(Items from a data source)
<<<<

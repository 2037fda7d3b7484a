-- ===== src/Roles.antt =====
-- apps/backend/src/modules/roles: `RolesService`, and what its operations keep.
mod Service
mod Writes
pub mod Grants
pub mod Protection
unfoldable pub use Service.*
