-- ===== src/Roles/Writes.antt =====
-- What each operation of `RolesService` does to the table of roles
-- (apps/backend/src/modules/roles/roles.service.ts).
use shipment_tracking_system.Prelude.{
  Option, true, false, ◌≡◌, refl, none, some, List, [], ◌∷◌, ◌++◌, In, save_row, delete_rows, ◌==◌,
  ◌&&◌, str_eq, any, HttpError, inl, inr, ◌⊎◌, ok, err, not_found, arith, Bool-cases, Option-cases,
}
use shipment_tracking_system.Identity.{
  Uuid, Role, UserRole, PermissionEntity, Store, Platform, PlatformLaws,
}
use shipment_tracking_system.Roles.{
  CreateRoleDto, UpdateRoleDto, AssignRoleDto, new_role, is_in, create, update, delete,
  assign_permissions, assign_role, assigned, has_its_name, has_repeats, check_permissions,
}

module _ (p : Platform) (laws : PlatformLaws p) where
  -- The row that `findOne` loads.
  pub loaded_cases :
      (id : Uuid) (org : Option Uuid) (s : Store)
      → let loaded = p.orm.find_one Role (λ r. r.id == id && is_in org r) s.roles in
        (loaded ≡ none)
        ⊎ ((r : Role) × (loaded ≡ some r) × In r s.roles × (r.id ≡ id) × (is_in org r ≡ true))
  loaded_cases id org s =
      elim (Option-cases (p.orm.find_one Role (λ r. r.id == id && is_in org r) s.roles)) [
        | inl missing ↦ inl missing
        | inr (r, found) ↦
            let (m, e) = laws.orm_laws.find_one_some Role _ s.roles r found in
            inr (r, found, m, ground (arith, e), ground (arith, e))
      ]

  pub update_cases :
      (id : Uuid) (dto : UpdateRoleDto) (org : Option Uuid) (actor : Uuid) (s : Store)
      → ((update p id dto org actor s).1.roles ≡ s.roles)
        ⊎ ((r : Role) × In r s.roles
            × (r.is_system ≡ false)
            × (is_in org r ≡ true)
            × ((update p id dto org actor s).1.roles
                ≡ save_row (λ v. v.id) (assigned dto r) s.roles))
  unfolding update
  update_cases id dto org actor s = elim (loaded_cases id org s) [
    | inl missing ↦ inl (ground (arith, missing))
    | inr (r, found, m, _, o) ↦ elim (Bool-cases r.is_system) [
      | inl system ↦ inl (ground (arith, found, system))
      | inr free ↦ elim (Bool-cases (any (has_its_name (assigned dto r)) s.roles)) [
        | inl taken ↦ inl (ground (arith, found, free, taken))
        | inr fresh ↦ inr (
          r,
          m,
          free,
          o,
          ground (
            arith,
            found,
            free,
            fresh,
            laws.orm_laws.save_lem Role (λ v. v.id) (assigned dto r) s.roles,
          ),
        )
      ]
    ]
  ]

  pub delete_cases :
      (id : Uuid) (org : Option Uuid) (actor : Uuid) (s : Store)
      → ((delete p id org actor s).1.roles ≡ s.roles)
        ⊎ ((r : Role) × In r s.roles
            × (r.is_system ≡ false)
            × (is_in org r ≡ true)
            × ((delete p id org actor s).1.roles ≡ delete_rows (λ v. v.id == r.id) s.roles))
  unfolding delete
  delete_cases id org actor s = elim (loaded_cases id org s) [
    | inl missing ↦ inl (ground (arith, missing))
    | inr (r, found, m, _, o) ↦ elim (Bool-cases r.is_system) [
      | inl system ↦ inl (ground (arith, found, system))
      | inr free ↦ inr (
        r,
        m,
        free,
        o,
        ground (arith, found, free, laws.orm_laws.delete_lem Role (λ v. v.id == r.id) s.roles),
      )
    ]
  ]

  pub create_cases :
      (dto : CreateRoleDto) (org : Option Uuid) (actor new_id : Uuid) (s : Store)
      → ((create p dto org actor new_id s).1.roles ≡ s.roles)
        ⊎ ((r : Role) × (r.id ≡ new_id)
            × ((create p dto org actor new_id s).1.roles ≡ s.roles ++ r ∷ []))
  unfolding create
  create_cases dto org actor new_id s =
      elim (Option-cases
        (p.orm.find_one Role (λ r. str_eq r.name dto.name && is_in org r) s.roles)) [
          | inr (r, found) ↦ inl (ground (arith, found))
          | inl missing ↦ elim (Option-cases org) [
            | inl nobody ↦ inl (ground (arith, missing, nobody))
            | inr (o, is) ↦
                let role = new_role dto o new_id in
                let wrote = laws.orm_laws.insert_lem Role role s.roles in
                inr (role, refl, ground (arith, missing, is, wrote))
          ]
        ]

  -- The loop over the permissions passes, or throws; it writes nothing.
  pub check_permissions_cases :
      (ids : List Uuid) (s : Store)
      → ((e : HttpError) × (check_permissions p ids s ≡ (err e, s)))
        ⊎ (check_permissions p ids s ≡ (ok tt, s))
  unfolding check_permissions
  check_permissions_cases [] s = inr refl
  check_permissions_cases (id ∷ ids) s =
      elim (Option-cases (p.orm.find_one PermissionEntity (λ q. q.id == id) s.permissions)) [
        | inl missing ↦ inl (not_found "Permission not found", ground (arith, missing))
        | inr (q, found) ↦ elim (check_permissions_cases ids s) [
          | inl (e, refused) ↦ inl (e, ground (arith, found, refused))
          | inr passed ↦ inr (ground (arith, found, passed))
        ]
      ]

  pub assign_permissions-roles :
      (id : Uuid) (ids : List Uuid) (org : Option Uuid) (actor : Uuid) (s : Store)
      → (assign_permissions p id ids org actor s).1.roles ≡ s.roles
  unfolding assign_permissions
  assign_permissions-roles id ids org actor s = elim (loaded_cases id org s) [
    | inl missing ↦ ground (arith, missing)
    | inr (r, found, _, _, _) ↦ elim (check_permissions_cases ids s) [
      | inl (e, refused) ↦ ground (arith, found, refused)
      | inr passed ↦ elim (Bool-cases (has_repeats ids)) [
        | inl repeated ↦ ground (arith, found, passed, repeated)
        | inr distinct ↦ ground (arith, found, passed, distinct)
      ]
    ]
  ]

  pub assign_role-roles :
      (dto : AssignRoleDto) (org : Option Uuid) (actor : Uuid) (s : Store)
      → (assign_role p dto org actor s).1.roles ≡ s.roles
  unfolding assign_role
  assign_role-roles dto org actor s = elim (loaded_cases dto.role_id org s) [
    | inl missing ↦ ground (arith, missing)
    | inr (r, found, _, _, _) ↦
        elim (Option-cases (
          p.orm.find_one UserRole (λ ur. ur.user_id == dto.user_id && ur.role_id == dto.role_id)
            s.user_roles)) [
              | inl fresh ↦ elim (Option-cases org) [
                | inl nobody ↦ ground (arith, found, fresh, nobody)
                | inr (o, is) ↦ ground (arith, found, fresh, is)
              ]
              | inr (ur, taken) ↦ ground (arith, found, taken)
            ]
  ]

>>>>

• _YOUR GOAL_
Your answer should be exactly the lines of the data above, from the first through the line containing "r) s.roles in".

• _YOUR RESPONSE_
repository 2037fda7d3b7484a
-- ===== src/Roles.antt =====
-- apps/backend/src/modules/roles: `RolesService`, and what its operations keep.
mod Service
mod Writes
pub mod Grants
pub mod Protection
unfoldable pub use Service.*
-- ===== src/Roles/Writes.antt =====
-- What each operation of `RolesService` does to the table of roles
-- (apps/backend/src/modules/roles/roles.service.ts).
use shipment_tracking_system.Prelude.{
  Option, true, false, ◌≡◌, refl, none, some, List, [], ◌∷◌, ◌++◌, In, save_row, delete_rows, ◌==◌,
  ◌&&◌, str_eq, any, HttpError, inl, inr, ◌⊎◌, ok, err, not_found, arith, Bool-cases, Option-cases,
}
use shipment_tracking_system.Identity.{
  Uuid, Role, UserRole, PermissionEntity, Store, Platform, PlatformLaws,
}
use shipment_tracking_system.Roles.{
  CreateRoleDto, UpdateRoleDto, AssignRoleDto, new_role, is_in, create, update, delete,
  assign_permissions, assign_role, assigned, has_its_name, has_repeats, check_permissions,
}

module _ (p : Platform) (laws : PlatformLaws p) where
  -- The row that `findOne` loads.
  pub loaded_cases :
      (id : Uuid) (org : Option Uuid) (s : Store)
      → let loaded = p.orm.find_one Role (λ r. r.id == id && is_in org r) s.roles in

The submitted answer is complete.